● **Activity**
Look through the material below. Return exactly the lines from the one with "unfolding program outcomes verdict" through the one with "(rejected_entry id ∷ [])))", both included.

● **Given data**

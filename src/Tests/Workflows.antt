-- ===== src/Tests/Workflows.antt =====
-- The workflow service with a small executor: it flags what its world says, and fails once.
use banking_ai_platform.Prelude.{
  ℕ, suc, ◌≡◌, ◌≢◌, refl, Bool, true, false, none, some, [], ◌∷◌, ◌++◌, length, null, show, insert,
  lookup, ◌==◌, if◌then◌else◌,
}
use banking_ai_platform.Core.Errors.{Exn, Result, ok, err, raise_app, agent_error}
use banking_ai_platform.Db.Enums.{WorkflowType, WorkflowStatus}
use banking_ai_platform.Db.Rows.{Workflow, AuditLog}
use banking_ai_platform.Db.Session.{Session, empty_database, find_workflow, transaction}
use banking_ai_platform.Agents.Base.{execute}
use banking_ai_platform.Agents.Orchestrator.{run, orchestrate}
use banking_ai_platform.Services.Audit.{record_event}
use banking_ai_platform.Services.Workflow.Model.{Executor, jsonable, decidable}
use banking_ai_platform.Services.Workflow.Start.{StartRequest, start}
use banking_ai_platform.Services.Workflow.Starts.{started_row}
use banking_ai_platform.Services.Workflow.Sound.{IsValid, settled, pending_count, human_approved}
use banking_ai_platform.Services.Workflow.Lifecycle.{
  Reach, Reach-IsValid, here, next, starts, decides, completed-approved, pending_while_awaiting,
}
use banking_ai_platform.Services.Workflow.Trail.{
  Extends, decision_entry, audit_logs-Extends, decide-logged,
}
use banking_ai_platform.Services.Workflow.Sound.Decisions.{decide-IsValid}
use banking_ai_platform.Services.Workflow.Verdicts.{outcomes, verdict, answers, start-verdict}
use banking_ai_platform.Services.Workflow.Finality.{
  approval_of, decide-escalated, decided_once, escalated_then_approved,
}
use banking_ai_platform.Services.Workflow.Decide.{
  approve, reject, escalate, DecideRequest, decide, apply_decision, refuse,
}

-- The world counts the calls; the third one raises.
abbrev pub answer : ℕ → Result Bool
answer calls = if calls == 2 then err (raise_app agent_error "no router" []) else ok false

abbrev pub counting : Executor ℕ
counting = record {
  Output = Bool;
  model_dump = λ _. null;
  requires_human_review = λ flagged. flagged;
  run_step = λ agent payload calls. (ok (execute agent none 1 (answer calls)), suc calls);
}

abbrev pub fresh : Session ℕ
fresh = record { db = empty_database; world = 0 }

abbrev pub loan_request : StartRequest
loan_request = record {
  workflow_type = WorkflowType.loan;
  input_payload = [];
  created_by = some 7;
  request_id = none;
}

program : Unit {0}
unfolding start decide execute orchestrate record_event jsonable show lookup insert transaction
program = tt

-- The session after the loan was started, and the row that it stores.
abbrev opened : Session ℕ
opened = (transaction (start counting true loan_request) fresh).1

abbrev stored : Workflow
stored = started_row counting true loan_request fresh

abbrev yes_please : DecideRequest
yes_please = record { workflow_id = 0; decided_by = 9; reason = none; request_id = none }

found_stored : find_workflow 0 opened.db ≡ some stored
unfolding program
found_stored = refl

stored_awaits : decidable stored.status ≡ true
unfolding program
stored_awaits = refl

-- The session after the approval, and its row.
abbrev approved : Session ℕ
approved = (transaction (decide true approve yes_please) opened).1

abbrev finished : Workflow
finished = apply_decision opened.db.next_id approve yes_please stored

found_finished : find_workflow finished.id approved.db ≡ some finished
unfolding program
found_finished = refl

reached : Reach counting fresh approved
reached = next (next here (starts true loan_request)) (decides true approve yes_please)

completed-approved_example : human_approved finished.approvals ≡ true
unfolding program
completed-approved_example =
    completed-approved counting fresh approved finished tt reached found_finished refl refl

pending_while_awaiting_example :
    (settled finished.status ≡ true) × (pending_count finished.approvals ≡ 0)
pending_while_awaiting_example =
    pending_while_awaiting counting fresh approved finished tt reached found_finished

audit_logs-Extends_example : Extends fresh.db.audit_logs approved.db.audit_logs
audit_logs-Extends_example = audit_logs-Extends counting {s = fresh} {t = approved} tt reached

start-verdict_example :
    (w : Workflow) × ((start counting true loan_request fresh).0 ≡ ok w)
    × ((start counting true loan_request fresh).1.db.workflows ≡ w ∷ [])
    × (w.id ≡ 0)
    × (w.status
        ≡ verdict counting
            (run loan_request.workflow_type).requires_human_approval
            (answers counting true loan_request fresh))
    × (length w.agent_runs ≡ length (answers counting true loan_request fresh))
start-verdict_example = start-verdict counting true loan_request fresh tt

two_answers :
    (length (answers counting true loan_request fresh) ≡ 2)
    × (verdict counting true (answers counting true loan_request fresh)
        ≡ WorkflowStatus.awaiting_approval)
unfolding program outcomes verdict
two_answers = (refl, refl)

abbrev rejected_entry : ℕ → AuditLog
rejected_entry id = decision_entry id reject yes_please

decide-logged_example :
    ((r : Workflow)
      → (decide true reject yes_please opened).0 ≡ ok r
      → (id : ℕ) × ((decide true reject yes_please opened).1.db.audit_logs
          ≡ opened.db.audit_logs ++ (rejected_entry id ∷ [])))
    × ((e : Exn)
        → (decide true reject yes_please opened).0 ≡ err e
        → (decide true reject yes_please opened).1 ≡ opened)
decide-logged_example = decide-logged reject yes_please opened

-- The opened workflow, when it was escalated.
abbrev raised : Session ℕ
raised = (decide true escalate yes_please opened).1

abbrev waiting : Workflow
waiting = apply_decision opened.db.next_id escalate yes_please stored

opened-IsValid : IsValid opened.db
opened-IsValid =
    Reach-IsValid counting {s = fresh} {t = opened} tt (next here (starts true loan_request))

found_waiting : find_workflow 0 raised.db ≡ some waiting
unfolding decide program
found_waiting = refl

raised-IsValid : IsValid raised.db
raised-IsValid = decide-IsValid true escalate yes_please opened opened-IsValid

decide-escalated_example :
    ((decide true approve yes_please raised).0
      ≡ ok (record waiting { status = WorkflowStatus.completed }))
    × (find_workflow 0 (decide true approve yes_please raised).1.db
        ≡ some (record waiting {
          status = WorkflowStatus.completed;
          approvals = waiting.approvals ++ (approval_of raised.db.next_id approve yes_please ∷ []);
        }))
    × ((key : ℕ)
        → key ≢ 0
        → find_workflow key (decide true approve yes_please raised).1.db
          ≡ find_workflow key raised.db)
unfolding program
decide-escalated_example =
    decide-escalated true approve yes_please raised waiting raised-IsValid found_waiting refl

decided_once_example :
    decide true escalate yes_please (decide true reject yes_please opened).1
    ≡ refuse 0 WorkflowStatus.rejected (decide true reject yes_please opened).1
decided_once_example =
    decided_once true reject escalate yes_please yes_please opened stored found_stored stored_awaits
      (λ e. cc) refl

escalated_then_approved_example :
    (r : Workflow) × ((decide true approve yes_please (decide true escalate yes_please opened).1).0
      ≡ ok r)
    × (r.id ≡ stored.id)
    × (r.status ≡ WorkflowStatus.completed)
escalated_then_approved_example =
    escalated_then_approved true yes_please yes_please opened stored found_stored stored_awaits refl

● **Solution**
unfolding program outcomes verdict
two_answers = (refl, refl)

abbrev rejected_entry : ℕ → AuditLog
rejected_entry id = decision_entry id reject yes_please

decide-logged_example :
    ((r : Workflow)
      → (decide true reject yes_please opened).0 ≡ ok r
      → (id : ℕ) × ((decide true reject yes_please opened).1.db.audit_logs
          ≡ opened.db.audit_logs ++ (rejected_entry id ∷ [])))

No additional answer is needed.